Hive.exec.compress.intermediate: Similar to the last, in the middle of a query Map/reduce task output is to be compressed, default false,



filter the data as early as possible, reduce the amount of data at each stage, partition the partition table, and select only the fields that need to be used
atomically, try to avoid a SQL containing complex logic, you can use the intermediate table to complete complex logic
the number of jobs for a single SQL is controlled as much as 5 or less
careful use of mapjoin, generally less than 2000 lines, the size of less than 1M (enlarge after expansion can be properly enlarged) of the table to be used, the small table should be noted on the left side of the join (TCL now many of the small table on the right side of the join).
failure to do so can cause significant disk and memory consumption
SQL should first understand the characteristics of the data itself, if there is a join, group operation, you should be aware of data skew
if the number of parts of union all is greater than 2, or if the amount of data in each union is large, it should be split into multiple insert into statements, and the execution time can be increased during the actual test 50%

Usage and optimization notes for hive

Contact Us

The content source of this page is from Internet, which doesn't represent Alibaba Cloud's opinion; products and services mentioned on that page don't have any relationship with Alibaba Cloud. If the content of the page makes you feel confusing, please write us an email, we will handle the problem within 5 days after receiving your email.

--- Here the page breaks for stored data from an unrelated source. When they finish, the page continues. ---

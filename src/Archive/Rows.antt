-- ===== src/Archive/Rows.antt =====
-- The rows of a table after the statements of app/archive.py.
use eve_api_cache.Base.{
  suc, ◌+◌, ◌≡◌, refl, ap, sym, ◌∙◌, subst, Bool, true, false, some, List, [], ◌∷◌, map, find,
  length, All, ◌⊎◌, inl, inr, arith, Bool-cases,
}
use eve_api_cache.Base.Exec.{Exec, Result, ok, raise, database_error, continue, ◌>>=◌}
use eve_api_cache.Postgres.{Postgres, OnConflict, do_nothing, do_update, resolve, upsert, Any}
use eve_api_cache.Archive.Tables.{Tables}
use eve_api_cache.Archive.Sessions.{ArchiveEnv, Session, execute}

module _ {R : Type 0} where
  pub Any-weaken :
      (P Q : R → Type 0) (rows : List R) → ((r : R) → P r → Q r) → Any P rows → Any Q rows
  Any-weaken P Q [] f h = h
  Any-weaken P Q (r ∷ rows) f (inl h) = inl (f r h)
  Any-weaken P Q (r ∷ rows) f (inr h) = inr (Any-weaken P Q rows f h)

  pub Any-map :
      (P Q : R → Type 0) (g : R → R) (rows : List R)
      → ((r : R) → P r → Q (g r))
      → Any P rows
      → Any Q (map g rows)
  Any-map P Q g [] f h = h
  Any-map P Q g (r ∷ rows) f (inl h) = inl (f r h)
  Any-map P Q g (r ∷ rows) f (inr h) = inr (Any-map P Q g rows f h)

  pub All-map :
      (P Q : R → Type 0) (g : R → R) (rows : List R)
      → ((r : R) → P r → Q (g r))
      → All P rows
      → All Q (map g rows)
  All-map P Q g [] f h = h
  All-map P Q g (r ∷ rows) f h = (f r h.0, All-map P Q g rows f h.1)

  -- What holds of every row holds of one that is there.
  pub All-at : (Q : R → Type 0) (r : R) (rows : List R) → All Q rows → Any (λ x. x ≡ r) rows → Q r
  All-at Q r [] all h = elim h [ ]
  All-at Q r (x ∷ rows) all (inl same) = subst Q same all.0
  All-at Q r (x ∷ rows) all (inr h) = All-at Q r rows all.1 h

  -- A row with one property has every property that all rows have.
  pub Any-All : (P Q : R → Type 0) (rows : List R) → Any P rows → All Q rows → (r : R) × (P r × Q r)
  Any-All P Q [] h all = elim h [ ]
  Any-All P Q (r ∷ rows) (inl h) all = (r, (h, all.0))
  Any-All P Q (r ∷ rows) (inr h) all = Any-All P Q rows h all.1

  -- A search for a row that is there finds one.
  pub Any-find :
      (test : R → Bool) (Q : R → Type 0) (rows : List R)
      → Any (λ r. test r ≡ true) rows
      → All Q rows
      → (r : R) × ((find test rows ≡ some r) × ((test r ≡ true) × Q r))
  Any-find test Q [] h all = elim h [ ]
  Any-find test Q (r ∷ rows) h all = elim (Bool-cases (test r)) [
    | inl here ↦ (r, (rw here refl, (here, all.0)))
    | inr other ↦ behind other (Any-find test Q rows) h
  ]
    where
      behind :
          test r ≡ false
          → (Any (λ r. test r ≡ true) rows
              → All Q rows
              → (r : R) × ((find test rows ≡ some r) × ((test r ≡ true) × Q r)))
          → (test r ≡ true) ⊎ Any (λ r. test r ≡ true) rows
          → (r' : R) × ((find test (r ∷ rows) ≡ some r') × ((test r' ≡ true) × Q r'))
      behind other again (inl here) = absurd (ground (arith, other, here))
      behind other again (inr h) =
          let (r', (found, rest)) = again h all.1 in (r', (rw other found, rest))

  pub All-weaken :
      (P Q : R → Type 0) (rows : List R) → ((r : R) → P r → Q r) → All P rows → All Q rows
  All-weaken P Q [] f h = h
  All-weaken P Q (r ∷ rows) f h = (f r h.0, All-weaken P Q rows f h.1)

  pub length-map : (g : R → R) (rows : List R) → length (map g rows) ≡ length rows
  length-map g [] = refl
  length-map g (r ∷ rows) = ap suc (length-map g rows)

  module _ (same : R → R → Bool) (act : OnConflict R) (new : R) where
    -- A row that agrees with the new one is there afterwards.
    pub upsert-Any :
        (P : R → Type 0) (rows : List R)
        → P new
        → ((old : R) → same old new ≡ true → P (resolve act old new))
        → Any P (upsert same act new rows)
    upsert-Any P [] h k = inl h
    upsert-Any P (old ∷ rows) h k = elim (Bool-cases (same old new)) [
      | inl there ↦ rw there (inl (k old there))
      | inr other ↦ rw other (inr (upsert-Any P rows h k))
    ]

    -- If no row agrees with the new one, it is added.
    pub upsert-fresh :
        (P : R → Type 0) (rows : List R)
        → P new
        → All (λ r. same r new ≡ false) rows
        → Any P (upsert same act new rows)
    upsert-fresh P [] h fresh = inl h
    upsert-fresh P (old ∷ rows) h fresh = rw fresh.0 (inr (upsert-fresh P rows h fresh.1))

    -- Another property of some row survives if the change of the row that agrees keeps it.
    pub upsert-keeps-Any :
        (P : R → Type 0) (rows : List R)
        → ((old : R) → same old new ≡ true → P old → P (resolve act old new))
        → Any P rows
        → Any P (upsert same act new rows)
    upsert-keeps-Any P [] k h = elim h [ ]
    upsert-keeps-Any P (old ∷ rows) k h = elim (Bool-cases (same old new)) [
      | inl there ↦ rw there (first k there h)
      | inr other ↦ rw other (later (upsert-keeps-Any P rows k) h)
    ]
      where
        first :
            ((old : R) → same old new ≡ true → P old → P (resolve act old new))
            → same old new ≡ true
            → P old ⊎ Any P rows
            → P (resolve act old new) ⊎ Any P rows
        first k there (inl h) = inl (k old there h)
        first k there (inr h) = inr h

        later :
            (Any P rows → Any P (upsert same act new rows))
            → P old ⊎ Any P rows
            → P old ⊎ Any P (upsert same act new rows)
        later f (inl h) = inl h
        later f (inr h) = inr (f h)

    pub upsert-All :
        (P : R → Type 0) (rows : List R)
        → P new
        → ((old : R) → same old new ≡ true → P old → P (resolve act old new))
        → All P rows
        → All P (upsert same act new rows)
    upsert-All P [] h k all = (h, tt)
    upsert-All P (old ∷ rows) h k all = elim (Bool-cases (same old new)) [
      | inl there ↦ rw there (k old there all.0, all.1)
      | inr other ↦ rw other (all.0, upsert-All P rows h k all.1)
    ]

    -- No row is added if one agrees.
    pub length-upsert :
        (rows : List R)
        → Any (λ r. same r new ≡ true) rows
        → length (upsert same act new rows) ≡ length rows
    length-upsert [] h = elim h [ ]
    length-upsert (old ∷ rows) h = elim (Bool-cases (same old new)) [
      | inl there ↦ rw there refl
      | inr other ↦ rw other (ap suc (length-upsert rows (behind old rows other h)))
    ]
      where
        behind :
            (old : R) (rows : List R)
            → same old new ≡ false
            → Any (λ r. same r new ≡ true) (old ∷ rows)
            → Any (λ r. same r new ≡ true) rows
        behind old rows other (inl h) = absurd (ground (arith, other, h))
        behind old rows other (inr h) = h

module _ (pg : Postgres) {R : Type 0} where
  -- The rows after one row was inserted.
  pub rows-insert_one :
      (same : R → R → Bool) (act : OnConflict R) (new : R) (t : pg.Table R)
      → pg.rows (pg.insert same act (new ∷ []) t).1 ≡ upsert same act new (pg.rows t)
  rows-insert_one same do_nothing new t = pg.rows-insert same do_nothing (new ∷ []) t
  rows-insert_one same (do_update change) new t =
      pg.rows-insert same (do_update change) (new ∷ []) t

  pub insert_one_result :
      (same : R → R → Bool) (act : OnConflict R) (new : R) (t : pg.Table R)
      → (pg.insert same act (new ∷ []) t).0 ≡ ok tt
  insert_one_result same do_nothing new t = pg.insert_result same do_nothing (new ∷ []) t
  insert_one_result same (do_update change) new t =
      pg.insert_result same (do_update change) (new ∷ []) t

module _ {S A B : Type 0} where
  continue_ok :
      (r : Result A) (k : A → Exec S B) (s : S) (b : B)
      → (continue r k s).0 ≡ ok b
      → (a : A) × ((r ≡ ok a) × (continue r k s ≡ k a s))
  continue_ok (ok a) k s b h = (a, (refl, refl))
  continue_ok (raise e) k s b h = absurd (ground arith)

  -- A block that returns has returned from its first statement.
  pub bind_ok :
      (m : Exec S A) (k : A → Exec S B) (s : S) (b : B)
      → ((m >>= k) s).0 ≡ ok b
      → (a : A) × (((m s).0 ≡ ok a) × ((m >>= k) s ≡ k a (m s).1))
  bind_ok m k s b h = continue_ok (m s).0 k (m s).1 b h

module _ (env : ArchiveEnv) {A : Type 0} (f : Tables env.pg → Result A × Tables env.pg)
    (s : Session env) where
  execute_up :
      env.up s.sent ≡ true
      → execute env f s
        ≡ ((f s.working).0, record s { working = (f s.working).1; sent = s.sent + 1 })
  unfolding execute
  execute_up up = rw up refl

  execute_down :
      env.up s.sent ≡ false
      → execute env f s ≡ (raise database_error, record s { sent = s.sent + 1 })
  unfolding execute
  execute_down down = rw down refl

  -- A statement that goes through has mapped the tables.
  pub execute_ok :
      (a : A)
      → (execute env f s).0 ≡ ok a
      → ((execute env f s).1.working ≡ (f s.working).1) × ((f s.working).0 ≡ ok a)
  execute_ok a h = elim (Bool-cases (env.up s.sent)) [
    | inl up ↦ (
      ap (λ (e : Result A × Session env). e.1.working) (execute_up up),
      sym (ap (λ (e : Result A × Session env). e.0) (execute_up up)) ∙ h,
    )
    | inr down ↦ raised (sym (ap (λ (e : Result A × Session env). e.0) (execute_down down)) ∙ h)
  ]
    where
      raised : {P : Type 0} → raise database_error ≡ ok a → P
      raised h = absurd (ground arith)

If you find any instances of plagiarism from the community, please send an email to: info-contact@alibabacloud.com and provide relevant evidence. A staff member will contact you within 5 working days.

A Free Trial That Lets You Build Big!

Start building with 50+ products and up to 12 months usage for Elastic Compute Service

  • Sales Support

    1 on 1 presale consultation

  • After-Sales Support

    24/7 Technical Support 6 Free Tickets per Quarter Faster Response

  • Alibaba Cloud offers highly flexible support services tailored to meet your exact needs.